[Stored data entries]
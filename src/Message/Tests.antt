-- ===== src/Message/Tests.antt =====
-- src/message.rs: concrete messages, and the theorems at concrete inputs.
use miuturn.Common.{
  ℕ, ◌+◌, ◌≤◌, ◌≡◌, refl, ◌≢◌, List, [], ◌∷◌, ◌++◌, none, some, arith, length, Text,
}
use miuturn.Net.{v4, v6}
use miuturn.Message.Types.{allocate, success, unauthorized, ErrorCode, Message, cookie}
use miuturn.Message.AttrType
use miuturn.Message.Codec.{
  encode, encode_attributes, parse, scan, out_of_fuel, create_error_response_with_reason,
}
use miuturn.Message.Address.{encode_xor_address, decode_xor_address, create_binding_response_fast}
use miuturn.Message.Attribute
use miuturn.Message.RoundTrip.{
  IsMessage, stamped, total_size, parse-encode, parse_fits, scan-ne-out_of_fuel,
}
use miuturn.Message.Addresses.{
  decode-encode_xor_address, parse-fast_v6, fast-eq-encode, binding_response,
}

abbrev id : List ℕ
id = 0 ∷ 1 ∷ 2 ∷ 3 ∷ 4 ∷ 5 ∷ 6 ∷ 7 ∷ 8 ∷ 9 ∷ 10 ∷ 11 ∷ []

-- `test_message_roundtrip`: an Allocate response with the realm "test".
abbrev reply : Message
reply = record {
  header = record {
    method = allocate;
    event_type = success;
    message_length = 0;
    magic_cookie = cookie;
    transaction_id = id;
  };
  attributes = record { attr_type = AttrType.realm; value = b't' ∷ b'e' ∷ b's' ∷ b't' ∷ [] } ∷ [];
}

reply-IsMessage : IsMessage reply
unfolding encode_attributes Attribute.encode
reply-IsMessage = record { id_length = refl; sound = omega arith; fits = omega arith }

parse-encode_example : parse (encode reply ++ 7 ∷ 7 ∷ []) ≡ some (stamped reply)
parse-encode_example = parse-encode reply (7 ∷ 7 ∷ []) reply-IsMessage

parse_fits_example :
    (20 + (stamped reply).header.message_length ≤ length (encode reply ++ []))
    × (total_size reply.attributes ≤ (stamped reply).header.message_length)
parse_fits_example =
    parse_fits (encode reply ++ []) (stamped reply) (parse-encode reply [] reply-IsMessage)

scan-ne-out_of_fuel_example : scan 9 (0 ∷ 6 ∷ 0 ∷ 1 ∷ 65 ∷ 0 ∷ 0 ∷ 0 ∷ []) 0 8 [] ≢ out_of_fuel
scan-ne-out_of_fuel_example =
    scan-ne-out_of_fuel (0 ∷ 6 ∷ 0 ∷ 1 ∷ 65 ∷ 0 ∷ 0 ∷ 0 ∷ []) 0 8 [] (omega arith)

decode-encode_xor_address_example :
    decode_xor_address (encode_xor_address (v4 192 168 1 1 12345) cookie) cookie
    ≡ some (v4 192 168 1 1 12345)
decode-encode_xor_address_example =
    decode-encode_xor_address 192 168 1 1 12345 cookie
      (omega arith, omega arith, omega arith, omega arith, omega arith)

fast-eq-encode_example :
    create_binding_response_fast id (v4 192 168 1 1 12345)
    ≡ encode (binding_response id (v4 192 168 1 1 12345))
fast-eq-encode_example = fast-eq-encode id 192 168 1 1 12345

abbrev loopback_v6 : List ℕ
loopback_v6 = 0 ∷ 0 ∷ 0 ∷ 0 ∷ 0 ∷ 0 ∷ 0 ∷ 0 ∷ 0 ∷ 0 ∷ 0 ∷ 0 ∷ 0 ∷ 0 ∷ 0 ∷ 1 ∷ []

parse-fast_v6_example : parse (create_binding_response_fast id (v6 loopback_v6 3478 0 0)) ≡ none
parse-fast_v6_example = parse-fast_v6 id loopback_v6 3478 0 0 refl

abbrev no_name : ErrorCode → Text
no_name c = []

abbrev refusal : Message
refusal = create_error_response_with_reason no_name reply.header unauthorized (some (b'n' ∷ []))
==
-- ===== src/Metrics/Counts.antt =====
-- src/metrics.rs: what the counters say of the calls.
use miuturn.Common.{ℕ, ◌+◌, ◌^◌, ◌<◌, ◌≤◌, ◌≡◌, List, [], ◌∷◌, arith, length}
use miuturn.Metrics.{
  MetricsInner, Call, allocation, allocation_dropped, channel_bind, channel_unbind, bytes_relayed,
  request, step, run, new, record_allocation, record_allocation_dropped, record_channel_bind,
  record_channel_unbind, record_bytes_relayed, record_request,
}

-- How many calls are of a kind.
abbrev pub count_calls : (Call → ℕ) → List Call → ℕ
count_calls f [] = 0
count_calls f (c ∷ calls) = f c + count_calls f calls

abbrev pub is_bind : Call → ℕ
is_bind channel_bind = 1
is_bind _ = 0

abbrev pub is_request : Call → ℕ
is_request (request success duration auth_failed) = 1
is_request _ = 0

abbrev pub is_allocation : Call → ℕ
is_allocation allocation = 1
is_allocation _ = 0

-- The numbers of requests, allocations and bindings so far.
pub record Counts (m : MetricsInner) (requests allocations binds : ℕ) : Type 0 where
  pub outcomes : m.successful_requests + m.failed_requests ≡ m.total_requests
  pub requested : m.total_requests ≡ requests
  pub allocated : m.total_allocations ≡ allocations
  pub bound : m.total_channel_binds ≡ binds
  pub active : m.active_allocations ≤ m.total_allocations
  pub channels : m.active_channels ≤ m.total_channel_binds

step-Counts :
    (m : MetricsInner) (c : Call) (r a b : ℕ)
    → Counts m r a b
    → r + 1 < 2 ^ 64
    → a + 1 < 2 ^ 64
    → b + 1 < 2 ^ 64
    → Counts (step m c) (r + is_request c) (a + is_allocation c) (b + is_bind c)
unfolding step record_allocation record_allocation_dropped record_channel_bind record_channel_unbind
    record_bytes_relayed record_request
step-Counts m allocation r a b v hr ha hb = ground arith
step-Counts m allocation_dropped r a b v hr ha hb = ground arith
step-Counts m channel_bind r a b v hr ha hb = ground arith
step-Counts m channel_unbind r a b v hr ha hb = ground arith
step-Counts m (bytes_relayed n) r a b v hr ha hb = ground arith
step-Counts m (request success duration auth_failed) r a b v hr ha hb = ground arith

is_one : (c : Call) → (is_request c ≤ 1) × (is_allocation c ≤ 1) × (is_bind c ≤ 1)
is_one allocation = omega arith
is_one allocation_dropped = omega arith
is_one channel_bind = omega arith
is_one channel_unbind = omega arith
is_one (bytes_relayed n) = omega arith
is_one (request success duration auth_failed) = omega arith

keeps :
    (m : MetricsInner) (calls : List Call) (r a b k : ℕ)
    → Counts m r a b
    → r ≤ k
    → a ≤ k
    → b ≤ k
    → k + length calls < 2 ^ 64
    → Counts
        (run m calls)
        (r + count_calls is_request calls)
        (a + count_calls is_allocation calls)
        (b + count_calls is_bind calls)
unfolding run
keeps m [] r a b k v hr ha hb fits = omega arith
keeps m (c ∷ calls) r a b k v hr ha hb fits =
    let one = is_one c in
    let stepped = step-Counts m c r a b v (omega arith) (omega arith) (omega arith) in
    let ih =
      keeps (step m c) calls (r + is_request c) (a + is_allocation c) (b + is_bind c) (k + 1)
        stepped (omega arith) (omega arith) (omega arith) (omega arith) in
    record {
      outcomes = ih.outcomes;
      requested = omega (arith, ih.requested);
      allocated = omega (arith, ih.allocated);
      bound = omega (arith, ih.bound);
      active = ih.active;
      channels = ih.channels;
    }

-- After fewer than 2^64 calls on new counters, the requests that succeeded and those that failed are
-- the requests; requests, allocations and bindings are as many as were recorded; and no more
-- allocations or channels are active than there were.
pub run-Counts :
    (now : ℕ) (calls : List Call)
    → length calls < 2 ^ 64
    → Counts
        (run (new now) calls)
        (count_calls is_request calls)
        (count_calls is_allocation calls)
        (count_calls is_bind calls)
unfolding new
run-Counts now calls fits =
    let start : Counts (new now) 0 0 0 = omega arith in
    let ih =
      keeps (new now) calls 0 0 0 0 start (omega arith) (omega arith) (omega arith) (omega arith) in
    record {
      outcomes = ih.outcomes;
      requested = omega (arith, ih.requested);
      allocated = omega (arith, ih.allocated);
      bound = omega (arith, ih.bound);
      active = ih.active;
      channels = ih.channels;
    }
* * *
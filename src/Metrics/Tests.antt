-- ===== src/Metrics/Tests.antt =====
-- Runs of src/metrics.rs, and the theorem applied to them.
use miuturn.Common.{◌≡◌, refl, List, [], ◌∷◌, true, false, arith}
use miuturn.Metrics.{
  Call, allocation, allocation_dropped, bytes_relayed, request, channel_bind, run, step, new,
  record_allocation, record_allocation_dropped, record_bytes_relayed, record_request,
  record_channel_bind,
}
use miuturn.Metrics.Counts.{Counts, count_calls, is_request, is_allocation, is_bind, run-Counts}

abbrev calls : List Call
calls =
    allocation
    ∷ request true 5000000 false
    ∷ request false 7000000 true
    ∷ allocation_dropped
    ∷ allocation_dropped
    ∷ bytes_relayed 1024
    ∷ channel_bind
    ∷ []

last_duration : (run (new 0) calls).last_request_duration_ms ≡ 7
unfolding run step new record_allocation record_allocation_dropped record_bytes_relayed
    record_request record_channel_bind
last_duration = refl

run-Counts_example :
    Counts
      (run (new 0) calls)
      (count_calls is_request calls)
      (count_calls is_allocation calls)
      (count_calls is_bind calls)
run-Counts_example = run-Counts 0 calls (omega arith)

The problem: From the records above, quote only the lines running from the line with "unfolding encode_attributes Attribute.encode" to the line with "loopback_v6 = 0", both lines included.

Output below:
unfolding encode_attributes Attribute.encode
reply-IsMessage = record { id_length = refl; sound = omega arith; fits = omega arith }

parse-encode_example : parse (encode reply ++ 7 ∷ 7 ∷ []) ≡ some (stamped reply)
parse-encode_example = parse-encode reply (7 ∷ 7 ∷ []) reply-IsMessage

parse_fits_example :
    (20 + (stamped reply).header.message_length ≤ length (encode reply ++ []))
    × (total_size reply.attributes ≤ (stamped reply).header.message_length)
parse_fits_example =
    parse_fits (encode reply ++ []) (stamped reply) (parse-encode reply [] reply-IsMessage)

scan-ne-out_of_fuel_example : scan 9 (0 ∷ 6 ∷ 0 ∷ 1 ∷ 65 ∷ 0 ∷ 0 ∷ 0 ∷ []) 0 8 [] ≢ out_of_fuel
scan-ne-out_of_fuel_example =
    scan-ne-out_of_fuel (0 ∷ 6 ∷ 0 ∷ 1 ∷ 65 ∷ 0 ∷ 0 ∷ 0 ∷ []) 0 8 [] (omega arith)

decode-encode_xor_address_example :
    decode_xor_address (encode_xor_address (v4 192 168 1 1 12345) cookie) cookie
    ≡ some (v4 192 168 1 1 12345)
decode-encode_xor_address_example =
    decode-encode_xor_address 192 168 1 1 12345 cookie
      (omega arith, omega arith, omega arith, omega arith, omega arith)

fast-eq-encode_example :
    create_binding_response_fast id (v4 192 168 1 1 12345)
    ≡ encode (binding_response id (v4 192 168 1 1 12345))
fast-eq-encode_example = fast-eq-encode id 192 168 1 1 12345

abbrev loopback_v6 : List ℕ
loopback_v6 = 0 ∷ 0 ∷ 0 ∷ 0 ∷ 0 ∷ 0 ∷ 0 ∷ 0 ∷ 0 ∷ 0 ∷ 0 ∷ 0 ∷ 0 ∷ 0 ∷ 0 ∷ 1 ∷ []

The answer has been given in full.